(Required action): Your answer must be the full set of records, repeated exactly.
++++ Input
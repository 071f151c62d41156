-- ===== src/Gate/Decides.antt =====
-- A request is admitted by its key alone.
use zealish_router.Base.{
  ℕ, ◌≡◌, refl, subst, sym, ◌↔◌, ap, ◌∙◌, String, Bool, true, false, not, ◌||◌, Option, none, some,
  List, [], ◌∷◌, if◌then◌else◌, str_eq, contains, arith, if_either, Bool-cases, inl, inr,
}
use zealish_router.Quota.{Quota, Readings, QuotaError, rate_limited, budget_exceeded}
use zealish_router.Quota
use zealish_router.Gate.{
  Service, ApiKey, Caller, KnownCaller, fixed_caller, key_caller, match_from, hash_all,
  set_static_keys, authenticate, ask_store, accept, permits, Verdict, unauthorized, forbidden,
  served, enforce, enforce_quota, admit_request,
}

-- The record of an enabled key that the store has for this hash.
abbrev pub usable : Option ApiKey → KnownCaller
usable none = none
usable (some k) = if k.enabled then some (key_caller k) else none

abbrev pub stored_caller : Option (String → Option ApiKey) → String → KnownCaller
stored_caller none hash = none
stored_caller (some get) hash = usable (get hash)

-- Who a key belongs to, by the configured keys themselves.
unfoldable pub owner :
    (String → String) → Bool → List String → Option (String → Option ApiKey) → String → KnownCaller
owner digest enabled keys stored raw =
    if not enabled
    then some (fixed_caller "anonymous")
    else if str_eq raw ""
    then none
    else if contains keys raw
    then some (fixed_caller "static")
    else stored_caller stored (digest raw)

-- No configured key has the digest of another text.
abbrev pub Apart : (String → String) → List String → String → Type 0
Apart digest [] raw = Unit
Apart digest (k ∷ keys) raw =
    (str_eq (digest k) (digest raw) ≡ str_eq k raw) × Apart digest keys raw

match_from-hash_all :
    (digest : String → String) (matched : Bool) (keys : List String) (raw : String)
    → Apart digest keys raw
    → match_from matched (hash_all digest keys) (digest raw) ≡ (matched || contains keys raw)
unfolding match_from hash_all
match_from-hash_all digest matched [] raw h = ground arith
match_from-hash_all digest matched (k ∷ keys) raw h =
    match_from-hash_all digest (matched || str_eq (digest k) (digest raw)) keys raw h.1
    ∙ ground (arith, h.0)

accept-usable : (s : Service) (k : Option ApiKey) → (accept s k).0 ≡ usable k
accept-usable s none = refl
accept-usable s (some k) = ground arith

ask_store-stored_caller :
    (s : Service) (stored : Option (String → Option ApiKey)) (hash : String)
    → (ask_store s stored hash).0 ≡ stored_caller stored hash
ask_store-stored_caller s none hash = refl
ask_store-stored_caller s (some get) hash = accept-usable s (get hash)

-- Authentication after the static keys have been set: what was configured before does not count.
authenticate-owner :
    (digest : String → String) (keys : List String) (s : Service) (raw : String)
    → Apart digest keys raw
    → (authenticate digest raw (set_static_keys digest keys s)).0
      ≡ owner digest s.enabled keys s.stored raw
unfolding authenticate set_static_keys owner
authenticate-owner digest keys s raw h = ground (
  arith,
  match_from-hash_all digest false keys raw h,
  ask_store-stored_caller (set_static_keys digest keys s) s.stored (digest raw),
)

-- What the gate says of a request, and what decides it.
abbrev pub Admits : Readings → Option ℕ → String → Option Quota → KnownCaller → Verdict → Type 0
Admits clock spent model q who verdict =
    ((verdict ≡ unauthorized) ↔ (who ≡ none))
    × ((c : Caller)
        → (verdict ≡ served c) ↔ (
            (who ≡ some c)
            × (((Quota.allow clock c.identity spent q).0.1 ≡ none) × (permits c model ≡ true))))

some_same : {c c' : Caller} → some c ≡ some c' → c ≡ c'
some_same {c} h = ap (λ (o : Option Caller). elim o [ none ↦ c | some d ↦ d ]) h

-- The caller that a verdict serves.
abbrev server_of : Verdict → Option Caller
server_of (served c) = some c
server_of _ = none

abbrev is_unauthorized : Verdict → Bool
is_unauthorized unauthorized = true
is_unauthorized _ = false

enforce_known :
    (c : Caller) (model : String) (problem : Option QuotaError)
    → is_unauthorized (enforce c model problem) ≡ false
enforce_known c model none = if_either (λ v. is_unauthorized v ≡ false) (permits c model) refl refl
enforce_known c model (some rate_limited) = refl
enforce_known c model (some budget_exceeded) = refl

enforce_served :
    (c c' : Caller) (model : String) (problem : Option QuotaError)
    → server_of (enforce c model problem) ≡ some c'
    → (some c ≡ some c') × ((problem ≡ none) × (permits c model ≡ true))
enforce_served c c' model none h = elim (Bool-cases (permits c model)) [
  | inl may ↦ (ap (λ b. server_of (if b then served c else forbidden)) (sym may) ∙ h, (refl, may))
  | inr denied ↦
      absurd
        (ground (arith, ap (λ b. server_of (if b then served c else forbidden)) (sym denied) ∙ h))
]
enforce_served c c' model (some rate_limited) h = absurd (ground (arith, h))
enforce_served c c' model (some budget_exceeded) h = absurd (ground (arith, h))

-- The quota of the caller has room, and the caller may use the model.
abbrev pub IsOpen : Readings → Option ℕ → String → Option Quota → Caller → Type 0
IsOpen clock spent model q c =
    ((Quota.allow clock c.identity spent q).0.1 ≡ none) × (permits c model ≡ true)

enforce_quota-Admits :
    (clock : Readings) (spent : Option ℕ) (model : String) (q : Option Quota) (who : KnownCaller)
    → Admits clock spent model q who (enforce_quota clock spent model q who).0
enforce_quota-Admits clock spent model q none = (
  (λ h. refl, λ h. refl),
  λ c. (λ h. absurd (ground (arith, ap server_of h)), λ h. absurd (ground (arith, h.0))),
)
enforce_quota-Admits clock spent model q (some c) =
    let problem = (Quota.allow clock c.identity spent q).0.1 in
    (
      (
        λ h. absurd (ground (arith, enforce_known c model problem, ap is_unauthorized h)),
        λ h. absurd (ground (arith, h)),
      ),
      λ c'. (
        λ h.
            let (same, open_) = enforce_served c c' model problem (ap server_of h) in
            (same, subst (IsOpen clock spent model q) (some_same same) open_),
        λ h.
            subst (λ v. enforce v model (Quota.allow clock v.identity spent q).0.1 ≡ served c')
              (sym (some_same h.0)) (rw h.1.0 (rw h.1.1 refl)),
      ),
    )

-- After the static keys have been set, whatever was set before, and if no configured key collides
-- with the presented one: a request is unauthorized exactly if it is asked for a key and its key is
-- empty, or neither configured nor the key of an enabled record; it is served, for a caller, exactly
-- if its key belongs to that caller, the quota of the caller has room, and the caller may use the
-- model.
pub admit_request-Admits :
    (digest : String → String) (keys : List String) (s : Service) (raw : String)
    → Apart digest keys raw
    → (clock : Readings) (spent : Option ℕ) (model : String) (q : Option Quota)
    → Admits clock spent model q
        (owner digest s.enabled keys s.stored raw)
        (admit_request digest clock spent raw model (set_static_keys digest keys s) q).0
unfolding admit_request
admit_request-Admits digest keys s raw h clock spent model q =
    subst
      (λ who.
        Admits clock spent model q who
          (admit_request digest clock spent raw model (set_static_keys digest keys s) q).0)
      (authenticate-owner digest keys s raw h)
      (enforce_quota-Admits clock spent model q
        (authenticate digest raw (set_static_keys digest keys s)).0)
++++++++
(Finished task):
repository 071f151c62d41156
-- ===== src/Gate/Decides.antt =====
-- A request is admitted by its key alone.
use zealish_router.Base.{
  ℕ, ◌≡◌, refl, subst, sym, ◌↔◌, ap, ◌∙◌, String, Bool, true, false, not, ◌||◌, Option, none, some,
  List, [], ◌∷◌, if◌then◌else◌, str_eq, contains, arith, if_either, Bool-cases, inl, inr,
}
use zealish_router.Quota.{Quota, Readings, QuotaError, rate_limited, budget_exceeded}
use zealish_router.Quota
use zealish_router.Gate.{
  Service, ApiKey, Caller, KnownCaller, fixed_caller, key_caller, match_from, hash_all,
  set_static_keys, authenticate, ask_store, accept, permits, Verdict, unauthorized, forbidden,
  served, enforce, enforce_quota, admit_request,
}

-- The record of an enabled key that the store has for this hash.
abbrev pub usable : Option ApiKey → KnownCaller
usable none = none
usable (some k) = if k.enabled then some (key_caller k) else none

abbrev pub stored_caller : Option (String → Option ApiKey) → String → KnownCaller
stored_caller none hash = none
stored_caller (some get) hash = usable (get hash)

-- Who a key belongs to, by the configured keys themselves.
unfoldable pub owner :
    (String → String) → Bool → List String → Option (String → Option ApiKey) → String → KnownCaller
owner digest enabled keys stored raw =
    if not enabled
    then some (fixed_caller "anonymous")
    else if str_eq raw ""
    then none
    else if contains keys raw
    then some (fixed_caller "static")
    else stored_caller stored (digest raw)

-- No configured key has the digest of another text.
abbrev pub Apart : (String → String) → List String → String → Type 0
Apart digest [] raw = Unit
Apart digest (k ∷ keys) raw =
    (str_eq (digest k) (digest raw) ≡ str_eq k raw) × Apart digest keys raw

match_from-hash_all :
    (digest : String → String) (matched : Bool) (keys : List String) (raw : String)
    → Apart digest keys raw
    → match_from matched (hash_all digest keys) (digest raw) ≡ (matched || contains keys raw)
unfolding match_from hash_all
match_from-hash_all digest matched [] raw h = ground arith
match_from-hash_all digest matched (k ∷ keys) raw h =
    match_from-hash_all digest (matched || str_eq (digest k) (digest raw)) keys raw h.1
    ∙ ground (arith, h.0)

accept-usable : (s : Service) (k : Option ApiKey) → (accept s k).0 ≡ usable k
accept-usable s none = refl
accept-usable s (some k) = ground arith

ask_store-stored_caller :
    (s : Service) (stored : Option (String → Option ApiKey)) (hash : String)
    → (ask_store s stored hash).0 ≡ stored_caller stored hash
ask_store-stored_caller s none hash = refl
ask_store-stored_caller s (some get) hash = accept-usable s (get hash)

-- Authentication after the static keys have been set: what was configured before does not count.
authenticate-owner :
    (digest : String → String) (keys : List String) (s : Service) (raw : String)
    → Apart digest keys raw
    → (authenticate digest raw (set_static_keys digest keys s)).0
      ≡ owner digest s.enabled keys s.stored raw
unfolding authenticate set_static_keys owner
authenticate-owner digest keys s raw h = ground (
  arith,
  match_from-hash_all digest false keys raw h,
  ask_store-stored_caller (set_static_keys digest keys s) s.stored (digest raw),
)

-- What the gate says of a request, and what decides it.
abbrev pub Admits : Readings → Option ℕ → String → Option Quota → KnownCaller → Verdict → Type 0
Admits clock spent model q who verdict =
    ((verdict ≡ unauthorized) ↔ (who ≡ none))
    × ((c : Caller)
        → (verdict ≡ served c) ↔ (
            (who ≡ some c)
            × (((Quota.allow clock c.identity spent q).0.1 ≡ none) × (permits c model ≡ true))))

some_same : {c c' : Caller} → some c ≡ some c' → c ≡ c'
some_same {c} h = ap (λ (o : Option Caller). elim o [ none ↦ c | some d ↦ d ]) h

-- The caller that a verdict serves.
abbrev server_of : Verdict → Option Caller
server_of (served c) = some c
server_of _ = none

abbrev is_unauthorized : Verdict → Bool
is_unauthorized unauthorized = true
is_unauthorized _ = false

enforce_known :
    (c : Caller) (model : String) (problem : Option QuotaError)
    → is_unauthorized (enforce c model problem) ≡ false
enforce_known c model none = if_either (λ v. is_unauthorized v ≡ false) (permits c model) refl refl
enforce_known c model (some rate_limited) = refl
enforce_known c model (some budget_exceeded) = refl

enforce_served :
    (c c' : Caller) (model : String) (problem : Option QuotaError)
    → server_of (enforce c model problem) ≡ some c'
    → (some c ≡ some c') × ((problem ≡ none) × (permits c model ≡ true))
enforce_served c c' model none h = elim (Bool-cases (permits c model)) [
  | inl may ↦ (ap (λ b. server_of (if b then served c else forbidden)) (sym may) ∙ h, (refl, may))
  | inr denied ↦
      absurd
        (ground (arith, ap (λ b. server_of (if b then served c else forbidden)) (sym denied) ∙ h))
]
enforce_served c c' model (some rate_limited) h = absurd (ground (arith, h))
enforce_served c c' model (some budget_exceeded) h = absurd (ground (arith, h))

-- The quota of the caller has room, and the caller may use the model.
abbrev pub IsOpen : Readings → Option ℕ → String → Option Quota → Caller → Type 0
IsOpen clock spent model q c =
    ((Quota.allow clock c.identity spent q).0.1 ≡ none) × (permits c model ≡ true)

enforce_quota-Admits :
    (clock : Readings) (spent : Option ℕ) (model : String) (q : Option Quota) (who : KnownCaller)
    → Admits clock spent model q who (enforce_quota clock spent model q who).0
enforce_quota-Admits clock spent model q none = (
  (λ h. refl, λ h. refl),
  λ c. (λ h. absurd (ground (arith, ap server_of h)), λ h. absurd (ground (arith, h.0))),
)
enforce_quota-Admits clock spent model q (some c) =
    let problem = (Quota.allow clock c.identity spent q).0.1 in
    (
      (
        λ h. absurd (ground (arith, enforce_known c model problem, ap is_unauthorized h)),
        λ h. absurd (ground (arith, h)),
      ),
      λ c'. (
        λ h.
            let (same, open_) = enforce_served c c' model problem (ap server_of h) in
            (same, subst (IsOpen clock spent model q) (some_same same) open_),
        λ h.
            subst (λ v. enforce v model (Quota.allow clock v.identity spent q).0.1 ≡ served c')
              (sym (some_same h.0)) (rw h.1.0 (rw h.1.1 refl)),
      ),
    )

-- After the static keys have been set, whatever was set before, and if no configured key collides
-- with the presented one: a request is unauthorized exactly if it is asked for a key and its key is
-- empty, or neither configured nor the key of an enabled record; it is served, for a caller, exactly
-- if its key belongs to that caller, the quota of the caller has room, and the caller may use the
-- model.
pub admit_request-Admits :
    (digest : String → String) (keys : List String) (s : Service) (raw : String)
    → Apart digest keys raw
    → (clock : Readings) (spent : Option ℕ) (model : String) (q : Option Quota)
    → Admits clock spent model q
        (owner digest s.enabled keys s.stored raw)
        (admit_request digest clock spent raw model (set_static_keys digest keys s) q).0
unfolding admit_request
admit_request-Admits digest keys s raw h clock spent model q =
    subst
      (λ who.
        Admits clock spent model q who
          (admit_request digest clock spent raw model (set_static_keys digest keys s) q).0)
      (authenticate-owner digest keys s raw h)
      (enforce_quota-Admits clock spent model q
        (authenticate digest raw (set_static_keys digest keys s)).0)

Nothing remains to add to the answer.